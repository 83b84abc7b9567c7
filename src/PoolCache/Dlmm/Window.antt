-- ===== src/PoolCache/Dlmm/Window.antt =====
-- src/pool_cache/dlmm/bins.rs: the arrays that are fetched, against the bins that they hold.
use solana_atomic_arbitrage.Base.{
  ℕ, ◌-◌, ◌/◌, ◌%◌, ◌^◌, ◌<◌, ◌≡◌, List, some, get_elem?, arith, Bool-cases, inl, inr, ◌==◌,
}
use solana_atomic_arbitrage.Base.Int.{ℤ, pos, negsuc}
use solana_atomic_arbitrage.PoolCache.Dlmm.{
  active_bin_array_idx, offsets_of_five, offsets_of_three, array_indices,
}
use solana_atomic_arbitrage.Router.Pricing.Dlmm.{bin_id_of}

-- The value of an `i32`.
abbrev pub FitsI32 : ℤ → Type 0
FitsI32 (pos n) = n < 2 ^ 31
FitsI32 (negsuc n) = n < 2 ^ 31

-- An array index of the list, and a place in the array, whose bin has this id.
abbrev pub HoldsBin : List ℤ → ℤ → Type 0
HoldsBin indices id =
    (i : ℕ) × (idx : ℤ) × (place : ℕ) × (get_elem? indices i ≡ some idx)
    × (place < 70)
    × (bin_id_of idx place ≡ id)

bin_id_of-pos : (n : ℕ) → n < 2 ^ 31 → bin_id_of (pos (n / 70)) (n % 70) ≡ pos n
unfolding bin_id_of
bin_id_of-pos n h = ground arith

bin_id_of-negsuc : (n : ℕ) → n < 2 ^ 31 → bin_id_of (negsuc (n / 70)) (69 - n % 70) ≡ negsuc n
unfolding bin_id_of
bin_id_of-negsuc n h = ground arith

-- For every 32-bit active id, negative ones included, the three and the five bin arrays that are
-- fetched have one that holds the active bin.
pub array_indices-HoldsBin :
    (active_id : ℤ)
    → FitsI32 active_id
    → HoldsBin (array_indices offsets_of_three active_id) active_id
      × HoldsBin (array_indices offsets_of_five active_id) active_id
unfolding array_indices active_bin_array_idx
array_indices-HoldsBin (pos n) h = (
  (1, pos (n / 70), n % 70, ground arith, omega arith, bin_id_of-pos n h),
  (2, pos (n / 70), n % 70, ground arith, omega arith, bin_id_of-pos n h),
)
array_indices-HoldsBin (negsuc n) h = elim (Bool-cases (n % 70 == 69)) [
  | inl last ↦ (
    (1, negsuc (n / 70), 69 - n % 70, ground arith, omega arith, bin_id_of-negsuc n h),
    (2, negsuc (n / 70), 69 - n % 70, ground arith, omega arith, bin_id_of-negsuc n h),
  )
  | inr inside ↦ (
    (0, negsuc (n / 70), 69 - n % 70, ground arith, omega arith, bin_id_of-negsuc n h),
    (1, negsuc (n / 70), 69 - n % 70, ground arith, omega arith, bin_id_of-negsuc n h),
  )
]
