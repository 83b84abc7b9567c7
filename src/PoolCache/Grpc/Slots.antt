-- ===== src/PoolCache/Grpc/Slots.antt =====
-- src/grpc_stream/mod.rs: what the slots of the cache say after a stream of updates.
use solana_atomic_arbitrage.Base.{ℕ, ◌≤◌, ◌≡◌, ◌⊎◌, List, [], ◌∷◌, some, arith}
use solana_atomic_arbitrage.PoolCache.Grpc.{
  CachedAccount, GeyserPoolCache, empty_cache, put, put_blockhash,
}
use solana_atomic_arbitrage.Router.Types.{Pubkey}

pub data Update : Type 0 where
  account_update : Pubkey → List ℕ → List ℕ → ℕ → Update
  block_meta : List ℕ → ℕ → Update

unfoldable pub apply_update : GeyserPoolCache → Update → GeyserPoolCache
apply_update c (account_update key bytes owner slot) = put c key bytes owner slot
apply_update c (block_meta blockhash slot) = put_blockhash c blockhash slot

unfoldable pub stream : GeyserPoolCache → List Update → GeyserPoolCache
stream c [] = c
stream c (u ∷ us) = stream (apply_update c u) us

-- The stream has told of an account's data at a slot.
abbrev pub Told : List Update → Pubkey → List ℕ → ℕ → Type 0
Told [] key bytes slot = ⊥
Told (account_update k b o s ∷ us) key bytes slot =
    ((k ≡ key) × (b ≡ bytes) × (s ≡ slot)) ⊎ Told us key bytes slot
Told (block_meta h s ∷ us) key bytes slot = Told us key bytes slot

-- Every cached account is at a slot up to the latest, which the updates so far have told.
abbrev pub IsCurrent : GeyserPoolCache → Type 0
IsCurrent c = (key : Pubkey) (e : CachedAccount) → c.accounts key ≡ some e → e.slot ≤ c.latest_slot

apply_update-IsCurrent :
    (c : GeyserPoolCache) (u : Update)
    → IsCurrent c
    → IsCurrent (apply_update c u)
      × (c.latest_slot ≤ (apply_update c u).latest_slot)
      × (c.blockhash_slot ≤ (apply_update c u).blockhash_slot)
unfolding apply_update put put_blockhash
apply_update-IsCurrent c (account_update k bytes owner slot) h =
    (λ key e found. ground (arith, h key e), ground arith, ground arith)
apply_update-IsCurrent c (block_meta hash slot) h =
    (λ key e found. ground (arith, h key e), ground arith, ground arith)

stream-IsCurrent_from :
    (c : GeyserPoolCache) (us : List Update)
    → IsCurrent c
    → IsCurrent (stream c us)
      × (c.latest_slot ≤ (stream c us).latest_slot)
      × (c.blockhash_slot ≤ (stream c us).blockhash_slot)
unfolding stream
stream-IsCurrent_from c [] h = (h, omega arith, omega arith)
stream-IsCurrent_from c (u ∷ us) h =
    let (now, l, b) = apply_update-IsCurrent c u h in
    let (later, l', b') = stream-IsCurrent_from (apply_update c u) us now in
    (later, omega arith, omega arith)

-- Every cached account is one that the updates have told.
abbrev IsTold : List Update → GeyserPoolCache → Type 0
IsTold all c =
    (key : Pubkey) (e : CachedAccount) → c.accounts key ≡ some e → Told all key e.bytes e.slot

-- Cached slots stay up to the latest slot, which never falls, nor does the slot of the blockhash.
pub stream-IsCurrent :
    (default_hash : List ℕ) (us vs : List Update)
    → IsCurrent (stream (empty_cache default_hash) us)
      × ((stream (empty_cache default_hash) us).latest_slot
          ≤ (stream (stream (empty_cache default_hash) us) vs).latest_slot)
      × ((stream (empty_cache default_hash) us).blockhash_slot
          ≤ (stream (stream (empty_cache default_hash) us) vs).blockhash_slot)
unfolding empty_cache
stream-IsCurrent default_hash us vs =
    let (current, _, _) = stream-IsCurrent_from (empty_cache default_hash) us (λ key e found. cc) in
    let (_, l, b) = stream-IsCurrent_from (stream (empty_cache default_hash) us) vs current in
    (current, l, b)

Goal of the exercise
If a line above includes the string "omega", pick it out.

The answer
  (1, pos (n / 70), n % 70, ground arith, omega arith, bin_id_of-pos n h),
  (2, pos (n / 70), n % 70, ground arith, omega arith, bin_id_of-pos n h),
    (1, negsuc (n / 70), 69 - n % 70, ground arith, omega arith, bin_id_of-negsuc n h),
    (2, negsuc (n / 70), 69 - n % 70, ground arith, omega arith, bin_id_of-negsuc n h),
    (0, negsuc (n / 70), 69 - n % 70, ground arith, omega arith, bin_id_of-negsuc n h),
    (1, negsuc (n / 70), 69 - n % 70, ground arith, omega arith, bin_id_of-negsuc n h),
stream-IsCurrent_from c [] h = (h, omega arith, omega arith)
    (later, omega arith, omega arith)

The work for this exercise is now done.